## Assigned task
Everything from the line containing "-- The invariant is" through the end of the entries below must be set down exactly, and nothing else.

[[ Input material open ]]

-- ===== src/Store/Inv.antt =====
-- The invariant of a store, and what its tape holds: the contents of the chunks and then the buffer.
use timberfs.Prelude.{
  ℕ, ◌+◌, ◌^◌, ◌≤◌, ◌<◌, ◌≡◌, refl, ap, ◌∙◌, sym, List, [], ◌∷◌, ◌++◌, some, length, take, concat,
  get_elem?, arith, length-append, take-drop-take,
}
use timberfs.Bytes.{slice}
use timberfs.Format.{ChunkRecord}
use timberfs.Format.Chunk.{Zstd, IsFrame}
use timberfs.Store.{FileStore}

-- The records stand one after the other, from `(u, c)` to `(u', c')` in the two offset spaces, and
-- each keeps its promise about the trunk.
abbrev pub Frames : Zstd → List ℕ → ℕ → ℕ → ℕ → ℕ → List ChunkRecord → List (List ℕ) → Type 0
Frames z file u c u' c' [] [] = (u ≡ u') × (c ≡ c')
Frames z file u c u' c' [] (d ∷ ds) = ⊥
Frames z file u c u' c' (r ∷ rs) [] = ⊥
Frames z file u c u' c' (r ∷ rs) (d ∷ ds) =
    IsFrame z file u c r d × Frames z file (u + length d) (c + r.comp_len) u' c' rs ds

-- `lead` is the number of dead bytes that a head-drop in place leaves at the front of the trunk.
pub record Inv (z : Zstd) (lead : ℕ) (s : FileStore) (ds : List (List ℕ)) : Type 0 where
  pub frames : Frames z s.trunk 0 lead s.buffer_start s.comp_size s.chunks ds
  pub inside : s.comp_size ≤ length s.trunk
  pub trunk_fits : length s.trunk < 2 ^ 64
  pub fits : s.buffer_start + length s.buffer < 2 ^ 64
  pub cached : (i : ℕ) (d : List ℕ) → s.cache ≡ some (i, d) → get_elem? ds i ≡ some d

abbrev pub content : List (List ℕ) → FileStore → List ℕ
content ds s = concat ds ++ s.buffer

pub Frames-uncomp :
    (z : Zstd) (file : List ℕ) (u c u' c' : ℕ) (rs : List ChunkRecord) (ds : List (List ℕ))
    → Frames z file u c u' c' rs ds
    → u' ≡ u + length (concat ds)
Frames-uncomp z file u c u' c' [] [] f = omega arith
Frames-uncomp z file u c u' c' [] (d ∷ ds) f = absurd f
Frames-uncomp z file u c u' c' (r ∷ rs) [] f = absurd f
Frames-uncomp z file u c u' c' (r ∷ rs) (d ∷ ds) (f, fs) = omega (
  arith,
  Frames-uncomp z file (u + length d) (c + r.comp_len) u' c' rs ds fs,
  length-append d (concat ds),
)

-- Where a trunk keeps its bytes up to `c'`, every record before that keeps its promise.
slice-prefix :
    (c n k : ℕ) (file file' : List ℕ)
    → take k file' ≡ take k file
    → c + n ≤ k
    → slice c n file' ≡ slice c n file
slice-prefix c n k file file' e h =
    sym (take-drop-take n c k file' h) ∙ ap (λ t. slice c n t) e ∙ take-drop-take n c k file h

IsFrame-prefix :
    (z : Zstd) (file file' : List ℕ) (u c k : ℕ) (r : ChunkRecord) (d : List ℕ)
    → take k file' ≡ take k file
    → k ≤ length file'
    → c + r.comp_len ≤ k
    → IsFrame z file u c r d
    → IsFrame z file' u c r d
IsFrame-prefix z file file' u c k r d e hk h f = record {
  uncomp_start = f.uncomp_start;
  uncomp_len = f.uncomp_len;
  comp_start = f.comp_start;
  inside = omega arith;
  frame_len = f.frame_len;
  chunk_len = f.chunk_len;
  nonempty = f.nonempty;
  fits = f.fits;
  decoded = rw (slice-prefix c r.comp_len k file file' e h) f.decoded;
}

pub Frames-le :
    (z : Zstd) (file : List ℕ) (u c u' c' : ℕ) (rs : List ChunkRecord) (ds : List (List ℕ))
    → Frames z file u c u' c' rs ds
    → c ≤ c'
Frames-le z file u c u' c' [] [] f = omega arith
Frames-le z file u c u' c' [] (d ∷ ds) f = absurd f
Frames-le z file u c u' c' (r ∷ rs) [] f = absurd f
Frames-le z file u c u' c' (r ∷ rs) (d ∷ ds) (f, fs) =
    omega (arith, Frames-le z file (u + length d) (c + r.comp_len) u' c' rs ds fs)

pub Frames-prefix :
    (z : Zstd) (file file' : List ℕ) (u c u' c' k : ℕ) (rs : List ChunkRecord) (ds : List (List ℕ))
    → take k file' ≡ take k file
    → k ≤ length file'
    → c' ≤ k
    → Frames z file u c u' c' rs ds
    → Frames z file' u c u' c' rs ds
Frames-prefix z file file' u c u' c' k [] [] e hk h f = f
Frames-prefix z file file' u c u' c' k [] (d ∷ ds) e hk h f = f
Frames-prefix z file file' u c u' c' k (r ∷ rs) [] e hk h f = f
Frames-prefix z file file' u c u' c' k (r ∷ rs) (d ∷ ds) e hk h (f, fs) = (
  IsFrame-prefix z file file' u c k r d e hk
      (omega (arith, h, Frames-le z file (u + length d) (c + r.comp_len) u' c' rs ds fs)) f,
  Frames-prefix z file file' (u + length d) (c + r.comp_len) u' c' k rs ds e hk h fs,
)

pub Frames-snoc :
    (z : Zstd) (file : List ℕ) (u c u' c' : ℕ) (rs : List ChunkRecord) (ds : List (List ℕ))
    (r : ChunkRecord) (d : List ℕ)
    → Frames z file u c u' c' rs ds
    → IsFrame z file u' c' r d
    → Frames z file u c (u' + length d) (c' + r.comp_len) (rs ++ (r ∷ [])) (ds ++ (d ∷ []))
Frames-snoc z file u c u' c' [] [] r d (eu, ec) g = rw (eu, ec) (g, (refl, refl))
Frames-snoc z file u c u' c' [] (x ∷ ds) r d f g = absurd f
Frames-snoc z file u c u' c' (q ∷ rs) [] r d f g = absurd f
Frames-snoc z file u c u' c' (q ∷ rs) (x ∷ ds) r d (f, fs) g =
    (f, Frames-snoc z file (u + length x) (c + q.comp_len) u' c' rs ds r d fs g)

-- The invariant is about six fields; a store that agrees on them has it too.
pub Inv-same :
    (z : Zstd) (lead : ℕ) (s t : FileStore) (ds : List (List ℕ))
    → t.trunk ≡ s.trunk
    → t.chunks ≡ s.chunks
    → t.comp_size ≡ s.comp_size
    → t.buffer ≡ s.buffer
    → t.buffer_start ≡ s.buffer_start
    → t.cache ≡ s.cache
    → Inv z lead s ds
    → Inv z lead t ds
Inv-same z lead s t ds trunk chunks comp_size buffer start cache v = record {
  frames = rw (trunk, chunks, comp_size, start) v.frames;
  inside = rw (trunk, comp_size) v.inside;
  trunk_fits = rw trunk v.trunk_fits;
  fits = rw (start, buffer) v.fits;
  cached = rw cache v.cached;
}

[[ Input material closed ]]

## Task response
-- The invariant is about six fields; a store that agrees on them has it too.
pub Inv-same :
    (z : Zstd) (lead : ℕ) (s t : FileStore) (ds : List (List ℕ))
    → t.trunk ≡ s.trunk
    → t.chunks ≡ s.chunks
    → t.comp_size ≡ s.comp_size
    → t.buffer ≡ s.buffer
    → t.buffer_start ≡ s.buffer_start
    → t.cache ≡ s.cache
    → Inv z lead s ds
    → Inv z lead t ds
Inv-same z lead s t ds trunk chunks comp_size buffer start cache v = record {
  frames = rw (trunk, chunks, comp_size, start) v.frames;
  inside = rw (trunk, comp_size) v.inside;
  trunk_fits = rw trunk v.trunk_fits;
  fits = rw (start, buffer) v.fits;
  cached = rw cache v.cached;
}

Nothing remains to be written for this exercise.